• **TASK GOAL**:
Count the lines below that contain the word "Type". Give only the number.

DATA IN THIS EXERCISE section start

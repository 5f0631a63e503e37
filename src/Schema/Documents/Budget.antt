-- ===== src/Schema/Documents/Budget.antt =====
-- The budget that the writer of a document index of src/schema.rs keeps to.
use mathlib.Core.Path.{subst}
use qzt.Base.{ℕ, ◌≡◌, refl, ap, sym, ◌∙◌, arith, List, [], ◌∷◌, ◌+◌, ◌-◌, ◌≤◌, ltb}
use qzt.Base.{length, u64_max, IsU64, suc, checked_add}
use qzt.Error.{ok, ok_or, reject_if, >>=-eq-ok, ok-injective}
use qzt.Error.{resource_limit_exceeded}
use qzt.Primitives.{usize_to_u64}
use qzt.Limits.{ResourceLimits, cbor_limits}
use qzt.Cbor.{
  CborValue, text, bytes, array, Entries, no_entries, one_entry, Values, no_values, one_value,
}
use qzt.Cbor.{count_values}
use qzt.Cbor.Usage.{
  CborUsage, add_usage, enforce_usage, head_len, one_item, charge_key, measure_value,
  measure_values,
}
use qzt.Cbor.Usage.{measure_entries}
use qzt.Schema.{version_value}
use qzt.Schema.Words
use qzt.Schema.Documents.{
  DocumentEntry, DocumentIndex, document_values, document_entry_value, value_with_documents,
}
use qzt.Schema.Documents.{charge_documents, validate_for_writer}

abbrev sum_usage : CborUsage → CborUsage → CborUsage
sum_usage a b = record {
  items = a.items + b.items;
  allocation = a.allocation + b.allocation;
  encoded_bytes = a.encoded_bytes + b.encoded_bytes;
}

abbrev Fits : CborUsage → Type 0
Fits u = (u.items ≤ u64_max) × (u.allocation ≤ u64_max) × (u.encoded_bytes ≤ u64_max)

abbrev pub WithinBudget : ResourceLimits → CborUsage → Type 0
WithinBudget limits u =
    (u.items ≤ limits.max_cbor_items)
    × (u.allocation ≤ limits.max_cbor_allocation)
    × (u.encoded_bytes ≤ limits.max_index_block_size)

checked_add_inv :
    (a b c : ℕ)
    → ok_or (checked_add a b) resource_limit_exceeded ≡ ok c
    → (c ≡ a + b) × (a + b ≤ u64_max)
checked_add_inv a b c h = ground arith

checked_add_ok :
    (a b : ℕ) → a + b ≤ u64_max → ok_or (checked_add a b) resource_limit_exceeded ≡ ok (a + b)
checked_add_ok a b h = ground arith

add_usage_inv :
    (a b c : CborUsage) → add_usage a b ≡ ok c → (c ≡ sum_usage a b) × Fits (sum_usage a b)
unfolding add_usage
add_usage_inv a b c h =
    let e = resource_limit_exceeded in
    let (i, c₁, h₁) = >>=-eq-ok (ok_or (checked_add a.items b.items) e) _ h in
    let (l, c₂, h₂) = >>=-eq-ok (ok_or (checked_add a.allocation b.allocation) e) _ h₁ in
    let (n, c₃, h₃) = >>=-eq-ok (ok_or (checked_add a.encoded_bytes b.encoded_bytes) e) _ h₂ in
    let (p₁, q₁) = checked_add_inv a.items b.items i c₁ in
    let (p₂, q₂) = checked_add_inv a.allocation b.allocation l c₂ in
    let (p₃, q₃) = checked_add_inv a.encoded_bytes b.encoded_bytes n c₃ in
    (rw (← ok-injective h₃, p₁, p₂, p₃) refl, (q₁, q₂, q₃))

add_usage_ok : (a b : CborUsage) → Fits (sum_usage a b) → add_usage a b ≡ ok (sum_usage a b)
unfolding add_usage
add_usage_ok a b (p, q, r) =
    rw
      (
        checked_add_ok a.items b.items p,
        checked_add_ok a.allocation b.allocation q,
        checked_add_ok a.encoded_bytes b.encoded_bytes r,
      )
      refl

enforce_inv :
    (u : CborUsage) (limits : ResourceLimits)
    → enforce_usage u (cbor_limits limits) limits.max_index_block_size ≡ ok tt
    → WithinBudget limits u
unfolding enforce_usage cbor_limits
enforce_inv u limits h = ground arith

sum_assoc : (a b c : CborUsage) → sum_usage (sum_usage a b) c ≡ sum_usage a (sum_usage b c)
sum_assoc a b c =
    let p : a.items + b.items + c.items ≡ a.items + (b.items + c.items) = omega arith in
    let q : a.allocation + b.allocation + c.allocation
        ≡ a.allocation + (b.allocation + c.allocation) =
      omega arith in
    let r : a.encoded_bytes + b.encoded_bytes + c.encoded_bytes
        ≡ a.encoded_bytes + (b.encoded_bytes + c.encoded_bytes) =
      omega arith in
    rw (p, q, r) refl

Fits-tail : (a b : CborUsage) → Fits (sum_usage a b) → Fits b
Fits-tail a b (p, q, r) = (omega arith, omega arith, omega arith)

no_documents : (u : CborUsage) → measure_values no_values u ≡ ok u
unfolding measure_values
no_documents u = refl

nothing_left : (u : CborUsage) → measure_entries no_entries u ≡ ok u
unfolding measure_entries
nothing_left u = refl

one_more :
    (v : CborValue) (vs : Values) (u cost u' w : CborUsage)
    → measure_value v ≡ ok cost
    → add_usage u cost ≡ ok u'
    → measure_values vs u' ≡ ok w
    → measure_values (one_value v vs) u ≡ ok w
unfolding measure_values
one_more v vs u cost u' w p q r = rw (p, q) r

-- What one document adds to a usage that is `base` above another.
add_above :
    (base start cost usage : CborUsage)
    → add_usage (sum_usage base start) cost ≡ ok usage
    → (usage ≡ sum_usage base (sum_usage start cost)) × Fits (sum_usage base (sum_usage start cost))
add_above base start cost usage h =
    let (same, fits) = add_usage_inv (sum_usage base start) cost usage h in
    let Q : CborUsage → Type 0 = λ u. (usage ≡ u) × Fits u in
    subst Q (sum_assoc base start cost) (same, fits)

-- The loop's count and the count of the parsed array run side by side, `base` apart.
charge_documents_lem :
    (ds : List DocumentEntry) (base start : CborUsage) (limits : ResourceLimits)
    → Fits (sum_usage base start)
    → WithinBudget limits (sum_usage base start)
    → charge_documents ds (sum_usage base start) limits ≡ ok tt
    → (total : CborUsage) × (measure_values (document_values ds) start ≡ ok total)
      × Fits (sum_usage base total)
      × WithinBudget limits (sum_usage base total)
unfolding charge_documents document_values
charge_documents_lem [] base start limits fits within h = (start, no_documents start, fits, within)
charge_documents_lem (d ∷ ds) base start limits fits within h =
    let usage : CborUsage = sum_usage base start in
    let (len, _, h₁) = >>=-eq-ok (usize_to_u64 (length d.doc_id)) _ h in
    let room = ltb (limits.max_cbor_allocation - usage.allocation) len in
    let (_, _, h₂) = >>=-eq-ok (reject_if room resource_limit_exceeded) _ h₁ in
    let (cost, c₃, h₃) = >>=-eq-ok (measure_value (document_entry_value d)) _ h₂ in
    let (usage', c₄, h₄) = >>=-eq-ok (add_usage usage cost) _ h₃ in
    let enforced = enforce_usage usage' (cbor_limits limits) limits.max_index_block_size in
    let (_, c₅, h₅) = >>=-eq-ok enforced _ h₄ in
    let next : CborUsage = sum_usage start cost in
    let (moved, fits') = add_above base start cost usage' c₄ in
    let within' = subst (WithinBudget limits) moved (enforce_inv usage' limits c₅) in
    let h₆ = subst (λ (u : CborUsage). charge_documents ds u limits ≡ ok tt) moved h₅ in
    let (total, counted, last_fits, last_within) =
      charge_documents_lem ds base next limits fits' within' h₆ in
    let added = add_usage_ok start cost (Fits-tail base next fits') in
    (
      total,
      one_more (document_entry_value d) _ start cost next total c₃ added counted,
      last_fits,
      last_within,
    )

-- The entries behind the first one are counted from a usage that does not depend on them.
peel_step :
    (k v : CborValue) (es : Entries) (u key u₁ u₂ cost u₃ : CborUsage)
    → measure_value k ≡ ok key
    → charge_key u key ≡ ok u₁
    → add_usage u₁ key ≡ ok u₂
    → measure_value v ≡ ok cost
    → add_usage u₂ cost ≡ ok u₃
    → measure_entries (one_entry k v es) u ≡ measure_entries es u₃
unfolding measure_entries
peel_step k v es u key u₁ u₂ cost u₃ c₁ c₂ c₃ c₄ c₅ = rw (c₁, c₂, c₃, c₄, c₅) refl

-- The cost of the key of an entry, and of its value.
record EntryCost (k v : CborValue) (u : CborUsage) : Type 0 where
  key : CborUsage
  charged : CborUsage
  before : CborUsage
  cost : CborUsage
  after : CborUsage
  key_cost : measure_value k ≡ ok key
  key_charged : charge_key u key ≡ ok charged
  key_added : add_usage charged key ≡ ok before
  value_cost : measure_value v ≡ ok cost
  value_added : add_usage before cost ≡ ok after

peel_entry :
    (k v : CborValue) (es : Entries) (u w : CborUsage)
    → measure_entries (one_entry k v es) u ≡ ok w
    → (c : EntryCost k v u) × (measure_entries es c.after ≡ ok w)
unfolding measure_entries
peel_entry k v es u w h =
    let (key, c₁, h₁) = >>=-eq-ok (measure_value k) _ h in
    let (u₁, c₂, h₂) = >>=-eq-ok (charge_key u key) _ h₁ in
    let (u₂, c₃, h₃) = >>=-eq-ok (add_usage u₁ key) _ h₂ in
    let (cost, c₄, h₄) = >>=-eq-ok (measure_value v) _ h₃ in
    let (u₃, c₅, h₅) = >>=-eq-ok (add_usage u₂ cost) _ h₄ in
    (
      record {
        key = key;
        charged = u₁;
        before = u₂;
        cost = cost;
        after = u₃;
        key_cost = c₁;
        key_charged = c₂;
        key_added = c₃;
        value_cost = c₄;
        value_added = c₅;
      },
      h₅,
    )

-- The same entries with another one behind them.
module _ {k v : CborValue} {u : CborUsage} (c : EntryCost k v u) where
  peeled : (es : Entries) → measure_entries (one_entry k v es) u ≡ measure_entries es c.after
  peeled es =
      peel_step k v es u c.key c.charged c.before c.cost c.after c.key_cost c.key_charged
        c.key_added c.value_cost c.value_added

  -- Another value of the last entry.
  last_value :
      (v' : CborValue) (cost' w : CborUsage)
      → measure_value v' ≡ ok cost'
      → add_usage c.before cost' ≡ ok w
      → measure_entries (one_entry k v' no_entries) u ≡ ok w
  last_value v' cost' w m a =
      peel_step k v' no_entries u c.key c.charged c.before cost' w c.key_cost c.key_charged
        c.key_added m a
      ∙ nothing_left w

abbrev index_entries : DocumentIndex → Values → Entries
index_entries index documents =
    one_entry (text Words.word_schema) (text Words.schema_document_index) (
      one_entry (text Words.word_format_version) version_value (
        one_entry (text Words.word_container_id) (bytes index.container_id)
          (one_entry (text Words.word_documents) (array documents) no_entries)))

measure_index :
    (index : DocumentIndex) (documents : Values)
    → measure_value (value_with_documents index documents)
      ≡ measure_entries (index_entries index documents) (one_item 0 (head_len 4))
unfolding measure_value value_with_documents usize_to_u64
measure_index index documents = refl

-- The usage before the array of documents, which does not depend on it.
record ArrayPlace (index : DocumentIndex) (w : CborUsage) : Type 0 where
  base : CborUsage
  total : w ≡ sum_usage base (one_item 0 1)
  with_array :
      (documents : Values) (cost v : CborUsage)
      → measure_value (array documents) ≡ ok cost
      → add_usage base cost ≡ ok v
      → measure_value (value_with_documents index documents) ≡ ok v

empty_array : measure_value (array no_values) ≡ ok (one_item 0 1)
unfolding measure_value usize_to_u64 head_len
empty_array = refl

after_last : (u w : CborUsage) → measure_entries no_entries u ≡ ok w → w ≡ u
unfolding measure_entries
after_last u w h = sym (ok-injective h)

array_place :
    (index : DocumentIndex) (w : CborUsage)
    → measure_value (value_with_documents index no_values) ≡ ok w
    → ArrayPlace index w
array_place index w h =
    let (c₁, h₁) = peel_entry _ _ _ _ w (sym (measure_index index no_values) ∙ h) in
    let (c₂, h₂) = peel_entry _ _ _ _ w h₁ in
    let (c₃, h₃) = peel_entry _ _ _ _ w h₂ in
    let (c₄, h₄) = peel_entry _ _ _ _ w h₃ in
    let empty : c₄.cost ≡ one_item 0 1 = ok-injective (sym c₄.value_cost ∙ empty_array) in
    let (sum, _) = add_usage_inv c₄.before c₄.cost c₄.after c₄.value_added in
    record {
      base = c₄.before;
      total = after_last c₄.after w h₄ ∙ sum ∙ ap (sum_usage c₄.before) empty;
      with_array = λ documents cost v m a.
          measure_index index documents
          ∙ peeled c₁ _
          ∙ peeled c₂ _
          ∙ peeled c₃ _
          ∙ last_value c₄ (array documents) cost v m a;
    }

count_document_values : (ds : List DocumentEntry) → count_values (document_values ds) ≡ length ds
unfolding document_values
count_document_values [] = refl
count_document_values (d ∷ ds) = ap suc (count_document_values ds)

measure_array :
    (ds : List DocumentEntry) (count : ℕ) (total : CborUsage)
    → usize_to_u64 (length ds) ≡ ok count
    → measure_values (document_values ds) (one_item 0 (head_len count)) ≡ ok total
    → measure_value (array (document_values ds)) ≡ ok total
unfolding measure_value
measure_array ds count total p q = rw (count_document_values ds, p) q

head_len_pos : (n : ℕ) → 1 ≤ head_len n
unfolding head_len
head_len_pos n = ground arith

head_len_zero : head_len 0 ≡ 1
unfolding head_len
head_len_zero = refl

-- Limits of 64 bits keep a usage within 64 bits.
Fits-within :
    (limits : ResourceLimits) (u : CborUsage)
    → IsU64 limits.max_index_block_size
    → IsU64 limits.max_cbor_items
    → IsU64 limits.max_cbor_allocation
    → WithinBudget limits u
    → Fits u
Fits-within limits u a b c w = (omega arith, omega arith, omega arith)

-- The usage of the empty index with the head of the true count.
recount :
    (base w : CborUsage) (count encoded : ℕ)
    → w ≡ sum_usage base (one_item 0 1)
    → ok_or (checked_add w.encoded_bytes (head_len count - head_len 0)) resource_limit_exceeded
      ≡ ok encoded
    → ◌≡◌ {A = CborUsage}
        (record w { encoded_bytes = encoded })
        (sum_usage base (one_item 0 (head_len count)))
recount base w count encoded same h =
    let (p, _) = checked_add_inv w.encoded_bytes (head_len count - head_len 0) encoded h in
    let size : encoded ≡ base.encoded_bytes + head_len count =
      sizes base.encoded_bytes w.encoded_bytes (head_len count) (head_len 0) encoded
        (ap (λ (u : CborUsage). u.encoded_bytes) same) head_len_zero (head_len_pos count) p in
    rw (same, size) refl
  where
    sizes : (b e n z x : ℕ) → e ≡ b + 1 → z ≡ 1 → 1 ≤ n → x ≡ e + (n - z) → x ≡ b + n
    sizes b e n z x p q r s = omega arith

-- With limits of 64 bits, an index that `validate_for_writer` accepts is measured as a whole without an error, and costs at
-- most the items, the allocation and the encoded bytes that the limits allow.
pub validate_for_writer_lem :
    (index : DocumentIndex) (limits : ResourceLimits)
    → IsU64 limits.max_index_block_size
    → IsU64 limits.max_cbor_items
    → IsU64 limits.max_cbor_allocation
    → validate_for_writer index limits ≡ ok tt
    → (usage : CborUsage) × (measure_value
          (value_with_documents index (document_values index.documents))
        ≡ ok usage)
      × WithinBudget limits usage
unfolding validate_for_writer
validate_for_writer_lem index limits wide_bytes wide_items wide_allocation h =
    let e = resource_limit_exceeded in
    let ds = index.documents in
    let (count, c₁, h₁) = >>=-eq-ok (usize_to_u64 (length ds)) _ h in
    let (_, _, h₂) = >>=-eq-ok (reject_if (ltb limits.max_cbor_items count) e) _ h₁ in
    let (w, c₃, h₃) = >>=-eq-ok (measure_value (value_with_documents index no_values)) _ h₂ in
    let grown = ok_or (checked_add w.encoded_bytes (head_len count - head_len 0)) e in
    let (encoded, c₄, h₄) = >>=-eq-ok grown _ h₃ in
    let usage' : CborUsage = record w { encoded_bytes = encoded } in
    let enforced = enforce_usage usage' (cbor_limits limits) limits.max_index_block_size in
    let (_, c₅, h₅) = >>=-eq-ok enforced _ h₄ in
    let place = array_place index w c₃ in
    let moved = recount place.base w count encoded place.total c₄ in
    let within = subst (WithinBudget limits) moved (enforce_inv usage' limits c₅) in
    let run = subst (λ (u : CborUsage). charge_documents ds u limits ≡ ok tt) moved h₅ in
    let start : CborUsage = one_item 0 (head_len count) in
    let fits =
      Fits-within limits (sum_usage place.base start) wide_bytes wide_items wide_allocation
        within in
    let (total, counted, last_fits, last_within) =
      charge_documents_lem ds place.base start limits fits within run in
    let measured = measure_array ds count total c₁ counted in
    let added = add_usage_ok place.base total last_fits in
    (
      sum_usage place.base total,
      place.with_array (document_values ds) total (sum_usage place.base total) measured added,
      last_within,
    )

DATA IN THIS EXERCISE section end

• **PROBLEM SOLUTION**:
5